### THE TASK:
Below this line is a set of entries; quote exactly the lines from the line that contains "reaction_of emoji (r" to the line that contains "unfolding toggle_in reaction_of", both lines included.

### DATASET ENTRIES:
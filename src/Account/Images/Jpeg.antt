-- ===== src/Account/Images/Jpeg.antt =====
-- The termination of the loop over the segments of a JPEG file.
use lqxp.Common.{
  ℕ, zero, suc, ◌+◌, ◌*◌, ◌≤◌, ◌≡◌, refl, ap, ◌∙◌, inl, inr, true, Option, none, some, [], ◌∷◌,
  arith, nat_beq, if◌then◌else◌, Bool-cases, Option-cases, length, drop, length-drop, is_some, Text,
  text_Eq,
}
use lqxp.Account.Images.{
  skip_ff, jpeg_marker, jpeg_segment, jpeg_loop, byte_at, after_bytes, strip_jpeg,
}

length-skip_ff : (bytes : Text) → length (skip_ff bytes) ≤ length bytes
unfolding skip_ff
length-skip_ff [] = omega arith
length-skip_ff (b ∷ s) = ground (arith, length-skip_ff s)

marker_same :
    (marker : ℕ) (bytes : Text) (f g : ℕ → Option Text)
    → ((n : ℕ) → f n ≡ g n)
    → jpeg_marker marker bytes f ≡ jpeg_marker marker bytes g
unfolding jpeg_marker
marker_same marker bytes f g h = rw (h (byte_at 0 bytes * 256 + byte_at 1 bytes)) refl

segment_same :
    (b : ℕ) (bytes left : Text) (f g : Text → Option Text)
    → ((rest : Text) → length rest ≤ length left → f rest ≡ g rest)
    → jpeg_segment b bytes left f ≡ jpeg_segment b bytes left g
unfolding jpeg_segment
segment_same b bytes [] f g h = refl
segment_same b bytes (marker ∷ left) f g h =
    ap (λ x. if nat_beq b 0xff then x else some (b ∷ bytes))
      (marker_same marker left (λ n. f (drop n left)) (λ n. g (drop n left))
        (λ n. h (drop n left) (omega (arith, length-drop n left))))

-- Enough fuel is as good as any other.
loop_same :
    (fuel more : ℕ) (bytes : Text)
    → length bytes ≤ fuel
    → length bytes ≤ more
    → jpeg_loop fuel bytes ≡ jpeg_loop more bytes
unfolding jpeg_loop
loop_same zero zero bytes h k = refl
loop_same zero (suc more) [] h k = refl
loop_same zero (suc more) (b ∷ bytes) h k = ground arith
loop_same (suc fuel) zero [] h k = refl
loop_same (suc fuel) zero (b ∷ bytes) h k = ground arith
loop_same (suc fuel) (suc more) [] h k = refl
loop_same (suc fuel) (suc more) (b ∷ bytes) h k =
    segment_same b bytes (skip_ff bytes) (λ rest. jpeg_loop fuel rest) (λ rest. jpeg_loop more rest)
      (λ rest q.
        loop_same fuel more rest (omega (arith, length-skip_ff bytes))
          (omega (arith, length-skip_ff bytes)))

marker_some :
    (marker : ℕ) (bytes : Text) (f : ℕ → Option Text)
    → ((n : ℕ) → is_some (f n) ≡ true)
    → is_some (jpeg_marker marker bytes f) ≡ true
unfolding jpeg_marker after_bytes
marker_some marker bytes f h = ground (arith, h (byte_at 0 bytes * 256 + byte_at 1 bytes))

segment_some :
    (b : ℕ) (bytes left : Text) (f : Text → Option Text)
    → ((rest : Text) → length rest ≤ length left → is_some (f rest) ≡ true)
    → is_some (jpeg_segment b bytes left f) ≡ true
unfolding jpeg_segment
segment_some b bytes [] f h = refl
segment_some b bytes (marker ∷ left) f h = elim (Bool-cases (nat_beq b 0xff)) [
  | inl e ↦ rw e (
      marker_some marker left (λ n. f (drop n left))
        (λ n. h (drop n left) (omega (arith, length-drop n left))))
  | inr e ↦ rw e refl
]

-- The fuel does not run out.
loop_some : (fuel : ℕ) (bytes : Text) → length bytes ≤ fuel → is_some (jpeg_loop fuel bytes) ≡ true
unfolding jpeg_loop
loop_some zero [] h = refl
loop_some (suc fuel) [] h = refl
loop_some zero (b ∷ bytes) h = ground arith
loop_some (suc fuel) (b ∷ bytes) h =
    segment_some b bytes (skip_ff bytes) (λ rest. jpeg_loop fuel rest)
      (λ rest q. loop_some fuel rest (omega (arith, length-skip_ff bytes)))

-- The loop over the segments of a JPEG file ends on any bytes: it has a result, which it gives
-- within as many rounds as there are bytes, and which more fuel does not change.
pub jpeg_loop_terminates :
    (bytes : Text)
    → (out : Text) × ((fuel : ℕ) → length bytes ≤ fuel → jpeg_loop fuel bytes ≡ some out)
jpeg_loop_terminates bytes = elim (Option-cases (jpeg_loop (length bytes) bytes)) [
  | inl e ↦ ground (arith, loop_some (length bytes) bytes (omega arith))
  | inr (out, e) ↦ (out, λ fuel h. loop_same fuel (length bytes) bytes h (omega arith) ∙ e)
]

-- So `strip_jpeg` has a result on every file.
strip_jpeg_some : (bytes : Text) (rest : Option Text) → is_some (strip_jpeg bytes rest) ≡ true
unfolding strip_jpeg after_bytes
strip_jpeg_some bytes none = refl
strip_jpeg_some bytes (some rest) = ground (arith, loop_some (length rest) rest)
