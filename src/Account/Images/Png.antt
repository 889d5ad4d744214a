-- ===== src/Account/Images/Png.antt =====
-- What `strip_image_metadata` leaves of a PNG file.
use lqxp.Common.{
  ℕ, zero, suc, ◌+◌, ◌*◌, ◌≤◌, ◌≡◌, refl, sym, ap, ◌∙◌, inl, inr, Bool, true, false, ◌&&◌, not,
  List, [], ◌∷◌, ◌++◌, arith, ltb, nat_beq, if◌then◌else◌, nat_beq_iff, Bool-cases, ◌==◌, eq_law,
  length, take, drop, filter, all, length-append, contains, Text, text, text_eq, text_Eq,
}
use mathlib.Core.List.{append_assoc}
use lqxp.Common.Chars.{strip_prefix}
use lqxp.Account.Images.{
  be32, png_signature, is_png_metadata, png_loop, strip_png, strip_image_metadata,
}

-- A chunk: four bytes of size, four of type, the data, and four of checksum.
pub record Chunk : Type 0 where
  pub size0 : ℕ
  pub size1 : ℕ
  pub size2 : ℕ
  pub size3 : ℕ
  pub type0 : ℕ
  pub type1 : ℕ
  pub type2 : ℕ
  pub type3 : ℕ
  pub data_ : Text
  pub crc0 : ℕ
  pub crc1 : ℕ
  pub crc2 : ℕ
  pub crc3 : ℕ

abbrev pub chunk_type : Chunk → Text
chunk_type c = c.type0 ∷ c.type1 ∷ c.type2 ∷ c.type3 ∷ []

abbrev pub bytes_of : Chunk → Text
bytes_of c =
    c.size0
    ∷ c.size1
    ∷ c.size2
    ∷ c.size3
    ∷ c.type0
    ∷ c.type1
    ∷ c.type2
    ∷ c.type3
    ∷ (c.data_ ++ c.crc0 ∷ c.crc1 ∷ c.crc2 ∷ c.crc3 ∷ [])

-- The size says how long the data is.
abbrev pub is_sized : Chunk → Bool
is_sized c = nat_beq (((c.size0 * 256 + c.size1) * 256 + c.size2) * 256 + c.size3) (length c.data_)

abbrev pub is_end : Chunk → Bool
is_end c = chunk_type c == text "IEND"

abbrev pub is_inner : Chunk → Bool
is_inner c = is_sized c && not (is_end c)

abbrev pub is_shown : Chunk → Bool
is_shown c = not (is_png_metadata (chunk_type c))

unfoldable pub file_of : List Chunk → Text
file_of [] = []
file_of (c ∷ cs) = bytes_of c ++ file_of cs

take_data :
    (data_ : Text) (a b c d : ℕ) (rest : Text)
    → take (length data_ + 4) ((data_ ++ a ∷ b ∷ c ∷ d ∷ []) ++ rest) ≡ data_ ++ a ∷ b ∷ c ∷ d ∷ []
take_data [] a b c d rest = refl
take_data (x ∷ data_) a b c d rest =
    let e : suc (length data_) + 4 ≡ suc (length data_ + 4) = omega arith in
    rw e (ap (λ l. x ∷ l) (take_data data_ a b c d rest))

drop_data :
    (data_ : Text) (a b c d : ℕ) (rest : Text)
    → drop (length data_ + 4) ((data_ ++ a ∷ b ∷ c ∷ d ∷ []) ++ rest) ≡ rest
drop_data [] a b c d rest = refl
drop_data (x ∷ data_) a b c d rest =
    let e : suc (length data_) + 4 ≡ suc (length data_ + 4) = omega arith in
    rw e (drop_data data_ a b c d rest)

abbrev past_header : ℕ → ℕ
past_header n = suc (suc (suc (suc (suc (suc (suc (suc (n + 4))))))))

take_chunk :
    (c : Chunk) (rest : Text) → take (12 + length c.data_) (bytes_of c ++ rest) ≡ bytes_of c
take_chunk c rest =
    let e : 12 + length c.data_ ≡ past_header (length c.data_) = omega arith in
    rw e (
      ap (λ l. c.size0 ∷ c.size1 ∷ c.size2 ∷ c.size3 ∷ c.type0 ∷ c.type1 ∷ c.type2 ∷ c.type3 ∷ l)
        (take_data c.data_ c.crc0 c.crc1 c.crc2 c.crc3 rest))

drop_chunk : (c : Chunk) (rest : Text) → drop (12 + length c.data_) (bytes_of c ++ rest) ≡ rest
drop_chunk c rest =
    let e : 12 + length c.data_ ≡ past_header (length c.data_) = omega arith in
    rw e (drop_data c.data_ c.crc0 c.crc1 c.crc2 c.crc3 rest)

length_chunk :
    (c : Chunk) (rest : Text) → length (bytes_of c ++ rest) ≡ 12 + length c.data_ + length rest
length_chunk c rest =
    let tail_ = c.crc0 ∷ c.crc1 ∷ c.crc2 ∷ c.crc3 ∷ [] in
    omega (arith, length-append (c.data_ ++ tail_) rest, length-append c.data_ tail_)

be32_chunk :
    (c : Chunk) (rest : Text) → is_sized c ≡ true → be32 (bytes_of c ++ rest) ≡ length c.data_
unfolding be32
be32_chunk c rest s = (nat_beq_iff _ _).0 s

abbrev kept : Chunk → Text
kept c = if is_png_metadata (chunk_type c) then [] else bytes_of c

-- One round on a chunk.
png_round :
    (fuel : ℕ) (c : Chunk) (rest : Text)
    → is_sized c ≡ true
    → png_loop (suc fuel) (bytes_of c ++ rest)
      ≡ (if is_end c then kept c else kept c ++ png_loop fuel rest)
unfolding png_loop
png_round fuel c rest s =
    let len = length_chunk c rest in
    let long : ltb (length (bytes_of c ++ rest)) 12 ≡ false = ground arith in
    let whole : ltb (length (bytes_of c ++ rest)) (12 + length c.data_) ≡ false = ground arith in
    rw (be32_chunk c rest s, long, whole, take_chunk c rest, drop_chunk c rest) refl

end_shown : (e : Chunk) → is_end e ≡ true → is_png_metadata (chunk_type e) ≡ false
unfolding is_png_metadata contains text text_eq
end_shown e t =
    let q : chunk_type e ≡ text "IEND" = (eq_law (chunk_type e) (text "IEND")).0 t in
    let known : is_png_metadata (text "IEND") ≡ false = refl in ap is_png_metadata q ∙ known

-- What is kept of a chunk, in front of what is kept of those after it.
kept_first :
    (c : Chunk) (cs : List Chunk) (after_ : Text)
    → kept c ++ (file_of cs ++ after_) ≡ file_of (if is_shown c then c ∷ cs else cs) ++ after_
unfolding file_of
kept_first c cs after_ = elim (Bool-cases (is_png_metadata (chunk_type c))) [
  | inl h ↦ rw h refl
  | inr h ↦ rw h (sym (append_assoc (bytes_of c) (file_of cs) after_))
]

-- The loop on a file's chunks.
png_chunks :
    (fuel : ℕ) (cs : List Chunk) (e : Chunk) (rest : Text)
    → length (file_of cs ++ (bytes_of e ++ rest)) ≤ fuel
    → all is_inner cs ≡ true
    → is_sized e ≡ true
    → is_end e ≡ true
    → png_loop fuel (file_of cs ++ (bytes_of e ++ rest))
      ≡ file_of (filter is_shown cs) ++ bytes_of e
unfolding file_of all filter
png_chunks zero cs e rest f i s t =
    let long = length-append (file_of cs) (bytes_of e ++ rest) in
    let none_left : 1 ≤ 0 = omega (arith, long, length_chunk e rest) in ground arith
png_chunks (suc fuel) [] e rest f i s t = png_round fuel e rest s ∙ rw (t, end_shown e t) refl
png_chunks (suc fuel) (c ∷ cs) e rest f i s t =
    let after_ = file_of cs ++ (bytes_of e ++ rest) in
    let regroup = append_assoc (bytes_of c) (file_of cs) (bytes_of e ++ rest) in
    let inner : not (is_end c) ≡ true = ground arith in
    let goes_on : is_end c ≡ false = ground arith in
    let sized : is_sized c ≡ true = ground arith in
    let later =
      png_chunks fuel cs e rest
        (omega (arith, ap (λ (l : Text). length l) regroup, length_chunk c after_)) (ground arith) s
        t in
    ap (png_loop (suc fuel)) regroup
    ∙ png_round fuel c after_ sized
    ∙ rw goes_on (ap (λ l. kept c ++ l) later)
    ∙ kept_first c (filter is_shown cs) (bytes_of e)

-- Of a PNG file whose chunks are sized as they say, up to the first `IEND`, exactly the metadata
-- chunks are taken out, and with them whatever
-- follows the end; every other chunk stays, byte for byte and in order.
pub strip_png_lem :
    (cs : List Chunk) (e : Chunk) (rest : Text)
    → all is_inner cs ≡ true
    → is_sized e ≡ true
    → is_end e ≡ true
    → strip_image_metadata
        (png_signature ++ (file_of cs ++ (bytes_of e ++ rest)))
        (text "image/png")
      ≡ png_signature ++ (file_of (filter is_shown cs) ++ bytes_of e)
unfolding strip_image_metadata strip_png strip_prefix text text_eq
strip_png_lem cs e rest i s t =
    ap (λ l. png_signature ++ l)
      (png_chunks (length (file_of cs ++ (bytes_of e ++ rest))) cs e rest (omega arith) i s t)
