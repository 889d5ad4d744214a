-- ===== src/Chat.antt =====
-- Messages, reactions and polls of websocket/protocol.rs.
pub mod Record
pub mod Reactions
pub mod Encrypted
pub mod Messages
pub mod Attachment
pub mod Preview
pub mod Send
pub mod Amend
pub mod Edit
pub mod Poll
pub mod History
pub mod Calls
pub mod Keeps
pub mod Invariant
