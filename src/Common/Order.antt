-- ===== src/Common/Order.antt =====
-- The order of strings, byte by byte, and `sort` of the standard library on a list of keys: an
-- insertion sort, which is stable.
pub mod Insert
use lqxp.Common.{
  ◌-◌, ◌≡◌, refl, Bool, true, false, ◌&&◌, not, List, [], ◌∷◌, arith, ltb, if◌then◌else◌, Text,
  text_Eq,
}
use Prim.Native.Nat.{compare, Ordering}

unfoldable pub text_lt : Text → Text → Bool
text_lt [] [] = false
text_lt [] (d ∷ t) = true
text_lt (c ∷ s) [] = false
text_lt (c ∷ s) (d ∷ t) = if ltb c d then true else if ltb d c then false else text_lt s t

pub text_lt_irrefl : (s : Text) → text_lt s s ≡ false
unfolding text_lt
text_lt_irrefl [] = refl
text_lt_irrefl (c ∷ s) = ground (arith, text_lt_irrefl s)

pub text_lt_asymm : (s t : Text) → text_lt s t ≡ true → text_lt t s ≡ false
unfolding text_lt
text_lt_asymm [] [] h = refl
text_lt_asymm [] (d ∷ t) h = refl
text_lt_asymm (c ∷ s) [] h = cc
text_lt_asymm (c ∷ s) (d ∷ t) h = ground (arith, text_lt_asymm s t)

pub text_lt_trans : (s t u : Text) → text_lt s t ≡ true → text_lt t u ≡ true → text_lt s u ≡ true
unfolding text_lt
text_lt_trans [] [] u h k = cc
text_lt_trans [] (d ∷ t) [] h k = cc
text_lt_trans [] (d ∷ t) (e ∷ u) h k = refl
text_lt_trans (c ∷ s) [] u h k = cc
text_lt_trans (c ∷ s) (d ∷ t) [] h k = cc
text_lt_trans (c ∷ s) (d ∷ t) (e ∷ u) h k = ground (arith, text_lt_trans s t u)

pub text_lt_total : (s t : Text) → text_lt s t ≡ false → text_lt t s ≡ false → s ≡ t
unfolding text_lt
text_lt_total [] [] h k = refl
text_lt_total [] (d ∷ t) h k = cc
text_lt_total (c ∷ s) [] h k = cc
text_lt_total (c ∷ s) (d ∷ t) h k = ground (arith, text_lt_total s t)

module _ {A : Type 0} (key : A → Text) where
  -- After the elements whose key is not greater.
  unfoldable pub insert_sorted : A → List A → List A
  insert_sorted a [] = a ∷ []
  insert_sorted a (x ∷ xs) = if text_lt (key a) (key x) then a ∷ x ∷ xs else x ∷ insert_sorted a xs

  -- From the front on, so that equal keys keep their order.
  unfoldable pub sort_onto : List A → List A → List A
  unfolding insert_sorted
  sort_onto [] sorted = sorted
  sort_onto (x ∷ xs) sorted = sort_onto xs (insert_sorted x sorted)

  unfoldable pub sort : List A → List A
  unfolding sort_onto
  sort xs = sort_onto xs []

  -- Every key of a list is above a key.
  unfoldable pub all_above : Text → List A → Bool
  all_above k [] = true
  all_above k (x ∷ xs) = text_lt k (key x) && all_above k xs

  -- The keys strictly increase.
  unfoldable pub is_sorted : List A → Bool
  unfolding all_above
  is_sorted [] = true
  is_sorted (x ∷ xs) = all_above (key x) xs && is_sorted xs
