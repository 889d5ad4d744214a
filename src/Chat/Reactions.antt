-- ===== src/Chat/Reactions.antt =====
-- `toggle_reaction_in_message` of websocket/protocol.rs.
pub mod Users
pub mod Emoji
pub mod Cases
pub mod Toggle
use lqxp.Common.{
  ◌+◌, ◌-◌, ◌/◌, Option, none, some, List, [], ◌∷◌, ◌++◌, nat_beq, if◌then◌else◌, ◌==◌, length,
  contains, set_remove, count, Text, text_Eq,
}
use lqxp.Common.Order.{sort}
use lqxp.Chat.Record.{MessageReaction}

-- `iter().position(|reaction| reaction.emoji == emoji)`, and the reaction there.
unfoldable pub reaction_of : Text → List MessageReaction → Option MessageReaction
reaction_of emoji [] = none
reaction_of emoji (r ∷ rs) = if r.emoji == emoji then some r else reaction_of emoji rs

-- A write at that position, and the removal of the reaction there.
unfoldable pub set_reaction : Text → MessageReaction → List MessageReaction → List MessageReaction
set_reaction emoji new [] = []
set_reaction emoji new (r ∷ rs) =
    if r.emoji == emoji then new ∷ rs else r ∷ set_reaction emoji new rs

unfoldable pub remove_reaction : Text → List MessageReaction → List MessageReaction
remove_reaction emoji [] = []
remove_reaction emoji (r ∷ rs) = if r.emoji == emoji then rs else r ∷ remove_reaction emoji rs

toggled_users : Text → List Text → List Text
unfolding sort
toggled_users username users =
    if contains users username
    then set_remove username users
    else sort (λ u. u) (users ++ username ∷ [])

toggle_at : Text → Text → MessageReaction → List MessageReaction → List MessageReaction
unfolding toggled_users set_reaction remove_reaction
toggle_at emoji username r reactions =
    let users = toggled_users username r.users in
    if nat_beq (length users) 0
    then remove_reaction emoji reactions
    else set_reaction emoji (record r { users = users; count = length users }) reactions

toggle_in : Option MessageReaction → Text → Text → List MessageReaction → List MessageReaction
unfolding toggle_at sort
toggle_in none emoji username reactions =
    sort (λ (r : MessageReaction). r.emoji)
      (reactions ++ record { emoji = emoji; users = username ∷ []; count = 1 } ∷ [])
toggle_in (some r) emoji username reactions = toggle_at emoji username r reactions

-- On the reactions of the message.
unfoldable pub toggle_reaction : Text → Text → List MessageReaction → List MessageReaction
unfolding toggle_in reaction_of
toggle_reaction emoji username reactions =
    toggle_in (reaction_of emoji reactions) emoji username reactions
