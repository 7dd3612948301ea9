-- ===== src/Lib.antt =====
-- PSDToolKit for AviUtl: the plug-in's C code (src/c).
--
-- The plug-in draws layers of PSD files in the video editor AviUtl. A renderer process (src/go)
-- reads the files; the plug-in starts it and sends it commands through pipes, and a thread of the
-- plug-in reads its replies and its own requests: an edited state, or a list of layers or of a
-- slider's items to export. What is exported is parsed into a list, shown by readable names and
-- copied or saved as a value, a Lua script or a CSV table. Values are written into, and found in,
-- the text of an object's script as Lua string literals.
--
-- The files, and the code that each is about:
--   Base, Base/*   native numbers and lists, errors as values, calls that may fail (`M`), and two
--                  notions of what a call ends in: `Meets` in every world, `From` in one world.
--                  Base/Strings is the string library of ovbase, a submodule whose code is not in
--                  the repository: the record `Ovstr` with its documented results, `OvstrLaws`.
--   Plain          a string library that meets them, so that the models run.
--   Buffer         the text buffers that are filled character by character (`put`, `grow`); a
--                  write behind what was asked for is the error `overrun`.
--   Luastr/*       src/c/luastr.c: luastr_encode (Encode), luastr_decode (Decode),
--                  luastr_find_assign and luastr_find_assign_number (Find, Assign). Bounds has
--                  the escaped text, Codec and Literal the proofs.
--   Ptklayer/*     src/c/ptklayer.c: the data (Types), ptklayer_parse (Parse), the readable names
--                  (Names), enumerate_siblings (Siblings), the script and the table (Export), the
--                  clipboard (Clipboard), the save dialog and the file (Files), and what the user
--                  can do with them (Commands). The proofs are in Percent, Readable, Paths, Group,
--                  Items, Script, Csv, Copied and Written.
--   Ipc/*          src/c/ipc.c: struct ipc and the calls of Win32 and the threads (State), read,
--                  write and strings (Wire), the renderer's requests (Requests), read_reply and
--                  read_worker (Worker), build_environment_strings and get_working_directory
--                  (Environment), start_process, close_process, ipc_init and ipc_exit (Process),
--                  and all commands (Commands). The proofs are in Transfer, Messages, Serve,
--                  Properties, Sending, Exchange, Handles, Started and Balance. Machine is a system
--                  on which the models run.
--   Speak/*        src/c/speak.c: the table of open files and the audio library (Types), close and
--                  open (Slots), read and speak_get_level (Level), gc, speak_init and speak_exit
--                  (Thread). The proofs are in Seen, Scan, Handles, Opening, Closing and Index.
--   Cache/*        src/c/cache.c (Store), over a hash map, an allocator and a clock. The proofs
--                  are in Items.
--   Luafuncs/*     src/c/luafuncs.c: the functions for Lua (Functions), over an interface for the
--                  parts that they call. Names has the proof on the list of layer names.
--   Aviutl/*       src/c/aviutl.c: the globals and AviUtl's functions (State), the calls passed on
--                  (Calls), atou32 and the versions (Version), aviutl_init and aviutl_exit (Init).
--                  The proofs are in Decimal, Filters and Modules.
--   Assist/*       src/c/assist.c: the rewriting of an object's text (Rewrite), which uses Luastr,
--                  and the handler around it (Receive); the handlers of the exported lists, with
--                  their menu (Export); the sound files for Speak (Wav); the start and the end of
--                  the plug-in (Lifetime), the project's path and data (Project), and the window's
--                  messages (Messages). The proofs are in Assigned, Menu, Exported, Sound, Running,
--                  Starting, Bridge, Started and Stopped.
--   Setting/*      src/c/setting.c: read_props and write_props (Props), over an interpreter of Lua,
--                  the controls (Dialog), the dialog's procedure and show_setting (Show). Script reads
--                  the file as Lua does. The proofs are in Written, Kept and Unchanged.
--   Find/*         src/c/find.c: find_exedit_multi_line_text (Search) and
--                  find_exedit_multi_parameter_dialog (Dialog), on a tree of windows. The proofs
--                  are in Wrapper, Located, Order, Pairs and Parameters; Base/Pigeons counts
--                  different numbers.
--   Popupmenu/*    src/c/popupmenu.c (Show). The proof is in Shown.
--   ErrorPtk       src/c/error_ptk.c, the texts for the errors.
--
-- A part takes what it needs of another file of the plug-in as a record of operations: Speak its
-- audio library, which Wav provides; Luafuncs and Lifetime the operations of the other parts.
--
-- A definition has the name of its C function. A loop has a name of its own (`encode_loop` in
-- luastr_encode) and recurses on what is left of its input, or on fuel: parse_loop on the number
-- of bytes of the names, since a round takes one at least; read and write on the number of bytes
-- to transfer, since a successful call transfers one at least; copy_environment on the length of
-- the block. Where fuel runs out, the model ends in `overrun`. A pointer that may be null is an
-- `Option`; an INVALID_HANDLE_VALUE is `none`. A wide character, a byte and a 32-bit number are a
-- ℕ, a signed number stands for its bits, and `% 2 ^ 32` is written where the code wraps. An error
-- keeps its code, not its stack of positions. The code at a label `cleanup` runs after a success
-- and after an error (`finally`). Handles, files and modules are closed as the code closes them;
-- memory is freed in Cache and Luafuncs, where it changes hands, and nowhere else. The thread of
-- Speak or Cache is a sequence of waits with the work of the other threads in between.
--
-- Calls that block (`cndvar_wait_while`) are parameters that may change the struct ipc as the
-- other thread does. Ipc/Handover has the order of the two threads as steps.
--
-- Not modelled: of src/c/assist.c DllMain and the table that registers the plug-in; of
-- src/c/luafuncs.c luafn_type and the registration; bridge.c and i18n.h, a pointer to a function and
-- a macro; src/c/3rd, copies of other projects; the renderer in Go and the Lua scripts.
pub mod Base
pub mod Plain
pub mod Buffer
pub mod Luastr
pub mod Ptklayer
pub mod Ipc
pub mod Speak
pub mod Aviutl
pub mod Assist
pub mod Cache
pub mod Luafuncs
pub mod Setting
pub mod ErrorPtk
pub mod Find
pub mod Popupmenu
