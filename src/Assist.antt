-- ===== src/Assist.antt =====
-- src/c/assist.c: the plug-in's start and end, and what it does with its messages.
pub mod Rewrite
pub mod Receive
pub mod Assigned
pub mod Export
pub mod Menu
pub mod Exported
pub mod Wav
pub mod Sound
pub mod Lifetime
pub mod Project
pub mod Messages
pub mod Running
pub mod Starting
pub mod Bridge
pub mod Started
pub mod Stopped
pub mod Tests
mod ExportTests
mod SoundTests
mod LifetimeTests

### RESULT:
reaction_of emoji (r ∷ rs) = if r.emoji == emoji then some r else reaction_of emoji rs

-- A write at that position, and the removal of the reaction there.
unfoldable pub set_reaction : Text → MessageReaction → List MessageReaction → List MessageReaction
set_reaction emoji new [] = []
set_reaction emoji new (r ∷ rs) =
    if r.emoji == emoji then new ∷ rs else r ∷ set_reaction emoji new rs

unfoldable pub remove_reaction : Text → List MessageReaction → List MessageReaction
remove_reaction emoji [] = []
remove_reaction emoji (r ∷ rs) = if r.emoji == emoji then rs else r ∷ remove_reaction emoji rs

toggled_users : Text → List Text → List Text
unfolding sort
toggled_users username users =
    if contains users username
    then set_remove username users
    else sort (λ u. u) (users ++ username ∷ [])

toggle_at : Text → Text → MessageReaction → List MessageReaction → List MessageReaction
unfolding toggled_users set_reaction remove_reaction
toggle_at emoji username r reactions =
    let users = toggled_users username r.users in
    if nat_beq (length users) 0
    then remove_reaction emoji reactions
    else set_reaction emoji (record r { users = users; count = length users }) reactions

toggle_in : Option MessageReaction → Text → Text → List MessageReaction → List MessageReaction
unfolding toggle_at sort
toggle_in none emoji username reactions =
    sort (λ (r : MessageReaction). r.emoji)
      (reactions ++ record { emoji = emoji; users = username ∷ []; count = 1 } ∷ [])
toggle_in (some r) emoji username reactions = toggle_at emoji username r reactions

-- On the reactions of the message.
unfoldable pub toggle_reaction : Text → Text → List MessageReaction → List MessageReaction
unfolding toggle_in reaction_of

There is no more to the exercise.